Question

$\int_0^\infty x^{a x} \sin(b x+c)dx$

Answer 1

The integral cannot be evaluated in a simple closed form for general a,b,c. It converges only for a < 0.

Answer 2

The given integral is $I = \int_0^\infty x^{a x} \sin(b x+c)dx$.

First, let's analyze the behavior of the integrand $f(x) = x^{ax} \sin(bx+c)$. The term $x^{ax}$ can be rewritten as $e^{ax \ln x}$.

Case 1: $a > 0$

As $x \to \infty$, $ax \ln x \to \infty$. Therefore, $x^{ax} = e^{ax \ln x} \to \infty$. Since the sine term $\sin(bx+c)$ oscillates between -1 and 1, the magnitude of the integrand $|f(x)| = |x^{ax} \sin(bx+c)|$ will grow without bound as $x \to \infty$. For an integral to converge, the integrand must approach zero as $x \to \infty$. Since $x^{ax}$ grows unboundedly, the integral $\int_0^\infty x^{ax} \sin(bx+c)dx$ diverges if $a > 0$.

Case 2: $a = 0$

If $a=0$, the integrand becomes $x^{0 \cdot x} \sin(bx+c) = x^0 \sin(bx+c) = 1 \cdot \sin(bx+c) = \sin(bx+c)$ (assuming $x^0=1$ for $x>0$). The integral becomes $\int_0^\infty \sin(bx+c)dx$. The antiderivative is $-\frac{\cos(bx+c)}{b}$. As $x \to \infty$, $\cos(bx+c)$ oscillates between -1 and 1, so the limit does not exist. Therefore, the integral diverges if $a=0$.

Case 3: $a < 0$

Let $a = -k$ where $k > 0$. The integrand becomes $x^{-kx} \sin(bx+c) = e^{-kx \ln x} \sin(bx+c)$.

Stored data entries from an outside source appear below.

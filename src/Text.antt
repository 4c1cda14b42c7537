-- ===== src/Text.antt =====
-- Strings, memory and byte order of src/lib/common.c. A string is the list of its characters from the
-- pointer on; behind the list stands the terminator, 0. Characters are below 128, where signed and
-- unsigned comparisons agree.
pub mod Endian
pub mod Equal
pub mod Index
pub mod Wildcard
mod Tests
use homemade_os.Base.{
  ℕ, zero, suc, ◌+◌, ◌-◌, ◌*◌, ◌/◌, ◌%◌, ◌^◌, Bool, true, false, not, ◌&&◌, ◌||◌, Option, none,
  some, List, [], ◌∷◌, ltb, leb, ◌==◌, if◌then◌else◌, get_or, set, drop,
}

-- `memset` and `memcpy`, from index `i` with `rounds` bytes left.
unfoldable pub memset_from : (rounds i value : ℕ) → List ℕ → List ℕ
memset_from zero i value dst = dst
memset_from (suc n) i value dst = memset_from n (i + 1) value (set dst i value)

unfoldable pub memset : List ℕ → (value size : ℕ) → List ℕ
unfolding memset_from
memset dst value size = memset_from size 0 value dst

unfoldable pub memcpy_from : (rounds i : ℕ) → (dst src : List ℕ) → List ℕ
memcpy_from zero i dst src = dst
memcpy_from (suc n) i dst src = memcpy_from n (i + 1) (set dst i (get_or src i 0)) src

unfoldable pub memcpy : (dst src : List ℕ) → (size : ℕ) → List ℕ
unfolding memcpy_from
memcpy dst src size = memcpy_from size 0 dst src

unfoldable pub strlen : List ℕ → ℕ
strlen [] = 0
strlen (c ∷ s) = if c == 0 then 0 else suc (strlen s)

pub data Comparison : Type 0 where
  less equal greater : Comparison

-- The two characters differ: 1 or -1.
abbrev pub compare_chars : ℕ → ℕ → Comparison
compare_chars a b = if ltb b a then greater else less

abbrev pub behind : List ℕ → List ℕ
behind [] = []
behind (c ∷ s) = s

-- `strcmp2`; the characters left to compare, `none` for `ncmp == 0`.
unfoldable pub strcmp2 : Option ℕ → (s1 s2 : List ℕ) → Comparison
strcmp2 (some zero) s1 s2 = equal
strcmp2 (some (suc n)) [] s2 =
    if not (0 == get_or s2 0 0) then compare_chars 0 (get_or s2 0 0) else equal
strcmp2 (some (suc n)) (c ∷ s1) s2 =
    let rest = strcmp2 (some n) s1 (behind s2) in
    if not (c == get_or s2 0 0)
    then compare_chars c (get_or s2 0 0)
    else if c == 0
    then equal
    else rest
strcmp2 none [] s2 = if not (0 == get_or s2 0 0) then compare_chars 0 (get_or s2 0 0) else equal
strcmp2 none (c ∷ s1) s2 =
    let rest = strcmp2 none s1 (behind s2) in
    if not (c == get_or s2 0 0)
    then compare_chars c (get_or s2 0 0)
    else if c == 0
    then equal
    else rest

unfoldable pub strncmp : (s1 s2 : List ℕ) → ℕ → Comparison
strncmp s1 s2 n = strcmp2 (some n) s1 s2

unfoldable pub strcmp : (s1 s2 : List ℕ) → Comparison
strcmp s1 s2 = strcmp2 none s1 s2

-- `strncpy`, from index `a` with `rounds` characters left.
unfoldable pub strncpy_from : (rounds a : ℕ) → (dst src : List ℕ) → List ℕ
strncpy_from zero a dst src = dst
strncpy_from (suc n) a dst src =
    let rest = strncpy_from n (a + 1) (set dst a (get_or src a 0)) src in
    if get_or src a 0 == 0 then set dst a 0 else rest

unfoldable pub strncpy : (dst src : List ℕ) → ℕ → List ℕ
unfolding strncpy_from
strncpy dst src n = strncpy_from n 0 dst src

unfoldable pub tolower : ℕ → ℕ
tolower c = if leb 65 c && leb c 90 then c - 65 + 97 else c

unfoldable pub toupper : ℕ → ℕ
toupper c = if leb 97 c && leb c 122 then c - 97 + 65 else c

unfoldable pub isspace : ℕ → Bool
isspace c = (c == 32) || (c == 9) || (c == 10) || (c == 11) || (c == 12) || (c == 13)

-- `CHANGE_ENDIAN`, the masks and shifts written out
unfoldable pub change_endian16 : ℕ → ℕ
change_endian16 v = v % 2 ^ 8 * 2 ^ 8 + v / 2 ^ 8 % 2 ^ 8

unfoldable pub change_endian32 : ℕ → ℕ
unfolding change_endian16
change_endian32 v = change_endian16 (v % 2 ^ 16) * 2 ^ 16 + change_endian16 (v / 2 ^ 16) % 2 ^ 16

unfoldable pub change_endian64 : ℕ → ℕ
unfolding change_endian32
change_endian64 v = change_endian32 (v % 2 ^ 32) * 2 ^ 32 + change_endian32 (v / 2 ^ 32) % 2 ^ 32

unfoldable pub is_string_equal : (s1 : List ℕ) (len1 : ℕ) (s2 : List ℕ) (len2 : ℕ) → Bool
is_string_equal s1 len1 s2 len2 =
    if not (len1 == len2) then false else elim (strncmp s1 s2 len1) [ equal ↦ true | _ ↦ false ]

-- `indexOf` and `indexOfNot`, with `rounds` characters left.
unfoldable pub index_of_from : (rounds : ℕ) → List ℕ → (i c : ℕ) → ℕ
index_of_from zero s i c = i
index_of_from (suc n) s i c =
    let rest = index_of_from n s (i + 1) c in if not (get_or s i 0 == c) then rest else i

unfoldable pub index_of : List ℕ → (i len c : ℕ) → ℕ
unfolding index_of_from
index_of s i len c = index_of_from (len - i) s i c

unfoldable pub index_of_not_from : (rounds : ℕ) → List ℕ → (i c : ℕ) → ℕ
index_of_not_from zero s i c = i
index_of_not_from (suc n) s i c =
    let rest = index_of_not_from n s (i + 1) c in if get_or s i 0 == c then rest else i

unfoldable pub index_of_not : List ℕ → (i len c : ℕ) → ℕ
unfolding index_of_not_from
index_of_not s i len c = index_of_not_from (len - i) s i c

• Behavior as $x \to 0^+$:

As $x \to 0^+$, $x \ln x \to 0$. So, $-kx \ln x \to 0$. Thus, $e^{-kx \ln x} \to e^0 = 1$. The integrand approaches $1 \cdot \sin(c) = \sin(c)$ as $x \to 0^+$. The integral is well-behaved at the lower limit $x=0$.

• Behavior as $x \to \infty$:

As $x \to \infty$, $kx \ln x \to \infty$. So, $e^{-kx \ln x} \to 0$. To check for convergence, we can compare $x^{-kx}$ with a known convergent function. For $x \ge e$, we have $\ln x \ge 1$. Therefore, for $x \ge e$, $kx \ln x \ge kx$. This implies $e^{-kx \ln x} \le e^{-kx}$ for $x \ge e$. The integral $\int_e^\infty e^{-kx} dx = \left[ -\frac{1}{k} e^{-kx} \right]_e^\infty = 0 - (-\frac{1}{k} e^{-ke}) = \frac{1}{k} e^{-ke}$, which converges for $k>0$. Since $|x^{-kx} \sin(bx+c)| \le x^{-kx}$, and $\int_e^\infty x^{-kx} dx$ converges by comparison with $\int_e^\infty e^{-kx} dx$, the integral $\int_0^\infty x^{-kx} \sin(bx+c)dx$ converges absolutely if $a<0$.

Conclusion:

The integral $\int_0^\infty x^{a x} \sin(b x+c)dx$ converges only if $a < 0$. However, the question asks to "evaluate" the integral. This typically implies finding a closed-form expression. The integral $\int_0^\infty x^{-kx} \sin(bx+c)dx$ does not have a simple closed-form solution in terms of elementary functions or common special functions typically covered in JEE/NEET syllabus. This integral is generally considered non-elementary. For instance, even the simpler integral $\int_0^\infty x^{-x} dx$ (which corresponds to $k=1, b=0, c=\pi/2$) does not have a simple closed form.

Given the context of JEE/NEET, it is highly improbable that such a complex non-elementary integral is expected to be evaluated. The question might be testing the understanding of convergence criteria or it might be a question out of syllabus. Without specific values for $a, b, c$ that simplify the integral, or a recognition of it being a known advanced result, it cannot be evaluated in a simple form.

If the question is from a multiple-choice context, and options include "diverges," that would be the answer for $a \ge 0$. If it expects an exact value, it's likely a misframed question for this level. Assuming the question expects an evaluation, and no simplification is apparent, it implies the integral does not have a simple solution.

Therefore, the integral does not have a general closed-form solution expressible in elementary functions. It converges only for $a < 0$.